La embestida no es casual, el magistrado titular del Tribunal Oral N°1 de La Plata avanzaba en el juzgamiento de crímenes de lesa humanidad que involucra las complicidades civiles y empresariales que incluyen fortunas obtenidas en ese contexto. También revela el accionar de tres sectores que están violentando el sistema democrático: el partido judicial, el poder mediático y la alianza Cambiemos. Los dos primeros nunca van a elecciones y se han mantenido prácticamente inalterables durante décadas a pesar de los intentos de democratización con la frustrada reforma judicial y la ahora sepultada ley de medios de comunicación audiovisual ; por el contrario los CEOS de Cambiemos por primera vez en la historia de nuestro país acceden al gobierno nacional por el voto popular, en lugar de golpes de Estado que los tuvo como protagonistas en las sombras, implementando los planes económicos que les permitieron amasar fortunas y saquear el país a costa del pueblo.

Párrafo aparte merece la trayectoria de Rozanski, primer juez por concurso nombrado por el Consejo de la Magistratura, especialista en materia de maltrato y abuso sexual infantil; autor del texto de la ley que modificó el Código Procesal Penal para que niñas y niños víctimas de abuso sólo puedan ser interrogados por especialistas en Cámara Gesell; crítico durísimo del falso SAP (Síndrome de Alienación Parental) que es utilizado por jueces y juezas para desacreditar la palabra del niño/a y revincularlos con su victimario.

Reconocido internacionalmente por su compromiso con la verdad histórica en los juicios por delitos de lesa humanidad, condenó al genocida Miguel Etchecolatz y al cura Christian Von Wernich; llevó adelante los juicios por crímenes de lesa humanidad de la Unidad 9, Circuito Camps y La Cacha, entre otros.

Rozanski, como la Procuradora Gils Carbó, la Jueza Federal de San Martín Martina Isabel Forns, entre tantos otros, representan un obstáculo al disciplinamiento que pretenden imponer con violencia en sectores claves de la sociedad desde el poder económico.

Detrás de la persecución a Rozanski, se esconde el objetivo de poner fin a los juicios de lesa humanidad, no continuar investigando la apropiación de Papel Prensa, a los empresarios que se enriquecieron con la dictadura como Pérez Companc, Techint, Macri, etc.

De allí el ocultamiento y demonización hacia quienes tienen un compromiso con la justicia, la verdad histórica, la memoria colectiva, la reparación a las víctimas y denuncia de los poderes fácticos en los medios hegemónicos como el Grupo Clarín y La Nación.

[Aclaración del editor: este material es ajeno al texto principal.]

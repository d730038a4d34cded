-- ===== src/Sessions/Locks/Asked.antt =====
-- A caller of runtime/sessions/manager.go asks for the lock of an ID, which may be a new one.
use serpe.Base.{
  ℕ, suc, ◌≡◌, refl, sym, subst, ap, ◌∙◌, ◌⊎◌, inl, inr, true, false, none, some, List, ◌∷◌, ◌++◌,
  ◌==◌, ==_iff, nat_eq, if◌then◌else◌, Bytes, bytes_eq, lookup, put, lookup-put, Bool-cases,
  Option-cases, arith, total, total-replaced, All-replaced,
}
use serpe.Sessions.Locks.{Manager, set_lock, add_ref, Thread, outside, waiting}
use serpe.Sessions.Locks.Exclusive.{
  bit, is_on, is_holding, Knows, Fits, lock_of, IsSingle, IsExclusive, step-Fits, known_elsewhere,
}
use serpe.Sessions.Locks.Steps.{again-IsExclusive}

module _ (m : Manager) (before after : List Thread) where
  abbrev at : Thread → List Thread
  at t = before ++ t ∷ after

  -- The first caller of an ID makes its lock.
  module _ (id : Bytes) (i : IsExclusive m (at outside)) where
    abbrev made : Manager
    made =
        set_lock m.free (record { token = true; refs = 1 })
          (record m { locks = put id m.free m.locks; free = suc m.free })

    lock_made :
        (k : Bytes)
        → lock_of made k
          ≡ (if id == k then some (record { token = true; refs = 1 }) else lock_of m k)
    lock_made k = elim (Bool-cases (id == k)) [
      | inl same ↦
          rw (same, lookup-put id k m.free m.locks, same, (==_iff m.free m.free).1 refl) refl
      | inr there ↦ elim (Option-cases (lookup k m.locks)) [
        | inl none_there ↦ rw (there, lookup-put id k m.free m.locks, there, none_there) refl
        | inr (b, known) ↦
            let old : (m.free == b) ≡ false = ground (arith, i.used k b known) in
            rw (there, lookup-put id k m.free m.locks, there, known, old) refl
      ]
    ]

    put_cases :
        (k : Bytes) (b : ℕ)
        → lookup k (put id m.free m.locks) ≡ some b
        → ((id ≡ k) × (b ≡ m.free)) ⊎ (lookup k m.locks ≡ some b)
    put_cases k b h = elim (Bool-cases (id == k)) [
      | inl same ↦
          inl ((==_iff id k).0 same, ground (arith, h, same, lookup-put id k m.free m.locks))
      | inr there ↦ inr (ground (arith, h, there, lookup-put id k m.free m.locks))
    ]

    made-IsSingle : IsSingle made
    made-IsSingle j k b left right = elim (put_cases j b left) [
      | inl (same, new) ↦ elim (put_cases k b right) [
        | inl (same', new') ↦ sym same ∙ same'
        | inr old ↦ absurd (omega (arith, new, i.used k b old))
      ]
      | inr old ↦ elim (put_cases k b right) [
        | inl (same', new') ↦ absurd (omega (arith, new', i.used j b old))
        | inr old' ↦ i.single j k b old old'
      ]
    ]

    made-IsExclusive : lookup id m.locks ≡ none → IsExclusive made (at (waiting id m.free))
    made-IsExclusive absent =
        let on = total-replaced (is_on id) before after outside (waiting id m.free) in
        let holds = total-replaced (is_holding id) before after outside (waiting id m.free) in
        let here = ap bit ((==_iff id id).1 refl) in
        let free_lock : lock_of m id ≡ none = rw absent refl in
        let fits_id : Fits none (total (is_on id) (at outside))
            (total (is_holding id) (at outside)) =
          subst (λ o. Fits o (total (is_on id) (at outside)) (total (is_holding id) (at outside)))
            free_lock (i.fits id) in
        record {
          fits =
              step-Fits m made before after outside (waiting id m.free) id
                (some (record { token = true; refs = 1 })) lock_made
                (λ k other. (ap bit other, refl))
                (
                  omega (arith, fits_id.0, on, here),
                  omega (arith, fits_id.0, on, here),
                  omega (arith, fits_id.1, holds),
                )
                i.fits;
          known =
              All-replaced (Knows (put id m.free m.locks)) before after outside (waiting id m.free)
                (rw (lookup-put id id m.free m.locks, (==_iff id id).1 refl) refl)
                (known_elsewhere m.locks (put id m.free m.locks) id (at outside)
                  (λ k other. rw (lookup-put id k m.free m.locks, other) refl) fits_id.0 i.known);
          single = made-IsSingle;
          used = λ k b known. elim (put_cases k b known) [
            | inl (same, new) ↦ omega (arith, new)
            | inr old ↦ omega (arith, i.used k b old)
          ];
        }

    pub asks-IsExclusive : IsExclusive (add_ref id m).0 (at (waiting id (add_ref id m).1))
    unfolding add_ref
    asks-IsExclusive = elim (Option-cases (lookup id m.locks)) [
      | inr (a, mapped) ↦ rw (mapped, add_ref) (again-IsExclusive m before after id a mapped i)
      | inl absent ↦ rw (absent, add_ref) (made-IsExclusive absent)
    ]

Esto, en combinación con personajes deplorables como Julio Piumato, organizador de la “marcha de los fiscales” contra la ex presidenta Cristina Fernández de Kirchner por el caso Nisman, y con los sectores más retrógrados del Poder Judicial.

Es inédito a 37 años del retorno al sistema democrático el violento atropello a las normas más básicas del mismo, por quiénes -protegidos por los medios- se presentaron como salvadores de la república, ejemplo de transparencia y anticorrupción.

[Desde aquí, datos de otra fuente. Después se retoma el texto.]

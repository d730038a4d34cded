-- ===== src/Sessions/Locks/Held.antt =====
-- The locks of runtime/sessions/manager.go in every interleaving of its callers.
use serpe.Base.{
  ℕ, zero, suc, ◌+◌, ◌≡◌, refl, none, some, [], Bytes, bytes_eq, lookup, Option-cases, ◌⊎◌, inl,
  inr, arith, total, All, All-middle, subst,
}
use serpe.Sessions.Locks.{
  Thread, Callers, Step, asks, takes, gives_up, gives_back, leaves, outsiders, outside, waiting,
  holding, leaving, Reached, initial, next,
}
use serpe.Sessions.Locks.Exclusive.{bit, is_on, is_holding, Knows, Fits, lock_at, IsExclusive}
use serpe.Sessions.Locks.Asked.{asks-IsExclusive}
use serpe.Sessions.Locks.Steps.{takes-IsExclusive, gives_back-IsExclusive, release-IsExclusive}

Step-IsExclusive :
    (g h : Callers) → Step g h → IsExclusive g.manager g.threads → IsExclusive h.manager h.threads
Step-IsExclusive _ _ (asks m before after id) i = asks-IsExclusive m before after id i
Step-IsExclusive _ _ (takes m before after id a there) i =
    takes-IsExclusive m before after id a
      (All-middle (Knows m.locks) before (waiting id a) after i.known) there i
Step-IsExclusive _ _ (gives_up m before after id a) i =
    release-IsExclusive m before after id a (waiting id a)
      (All-middle (Knows m.locks) before (waiting id a) after i.known) (λ k. refl) (λ k. refl) i
Step-IsExclusive _ _ (gives_back m before after id a) i =
    gives_back-IsExclusive m before after id a
      (All-middle (Knows m.locks) before (holding id a) after i.known) i
Step-IsExclusive _ _ (leaves m before after id a) i =
    release-IsExclusive m before after id a (leaving id a)
      (All-middle (Knows m.locks) before (leaving id a) after i.known) (λ k. refl) (λ k. refl) i

outsiders-total : (f : Thread → ℕ) (n : ℕ) → f outside ≡ 0 → total f (outsiders n) ≡ 0
outsiders-total f zero h = refl
outsiders-total f (suc n) h = omega (arith, h, outsiders-total f n h)

outsiders-Knows : (n : ℕ) → All (Knows []) (outsiders n)
outsiders-Knows zero = tt
outsiders-Knows (suc n) = (tt, outsiders-Knows n)

Reached-IsExclusive : (g : Callers) → Reached g → IsExclusive g.manager g.threads
unfolding lookup
Reached-IsExclusive _ (initial n) = record {
  fits = λ k. (outsiders-total (is_on k) n refl, outsiders-total (is_holding k) n refl);
  known = outsiders-Knows n;
  single = λ i j a left right. absurd (cc (left));
  used = λ k a known. absurd (cc (known));
}
Reached-IsExclusive _ (next {g} {h} r s) = Step-IsExclusive g h s (Reached-IsExclusive g r)

-- In every reachable state the threads on an ID share the lock that the map has for it: either its token
-- is there and no thread holds the ID, or exactly one thread holds it. Where no thread is on an ID, the
-- map has no lock for it.
pub Reached-held_once :
    (g : Callers) (id : Bytes)
    → Reached g
    → ((total (is_on id) g.threads ≡ 0) × (lookup id g.manager.locks ≡ none))
      ⊎ ((a : ℕ) × (lookup id g.manager.locks ≡ some a)
          × (total (is_holding id) g.threads + bit (g.manager.heap a).token ≡ 1)
          × ((g.manager.heap a).refs ≡ total (is_on id) g.threads)
          × All (Knows g.manager.locks) g.threads)
Reached-held_once g id r =
    let i = Reached-IsExclusive g r in
    elim (Option-cases (lookup id g.manager.locks)) [
      | inl absent ↦
          let fits =
            subst
              (λ o.
                Fits (lock_at g.manager.heap o) (total (is_on id) g.threads)
                  (total (is_holding id) g.threads))
              absent (i.fits id) in
          inl (fits.0, absent)
      | inr (a, mapped) ↦
          let fits =
            subst
              (λ o.
                Fits (lock_at g.manager.heap o) (total (is_on id) g.threads)
                  (total (is_holding id) g.threads))
              mapped (i.fits id) in
          inr (a, mapped, fits.2, fits.0, i.known)
    ]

Se encuentran en peligro la continuidad de los juicios a los genocidas, y toda política pública vinculada a los derechos humanos y a la protección de los sectores más vulnerables de la sociedad. Por todo esto, desde el Colectivo Nacional convocamos a defender y profundizar los derechos conquistados y a exigir a nuestros representantes se pongan al frente del reclamo y reafirmen el compromiso con las políticas públicas en materia de derechos humanos.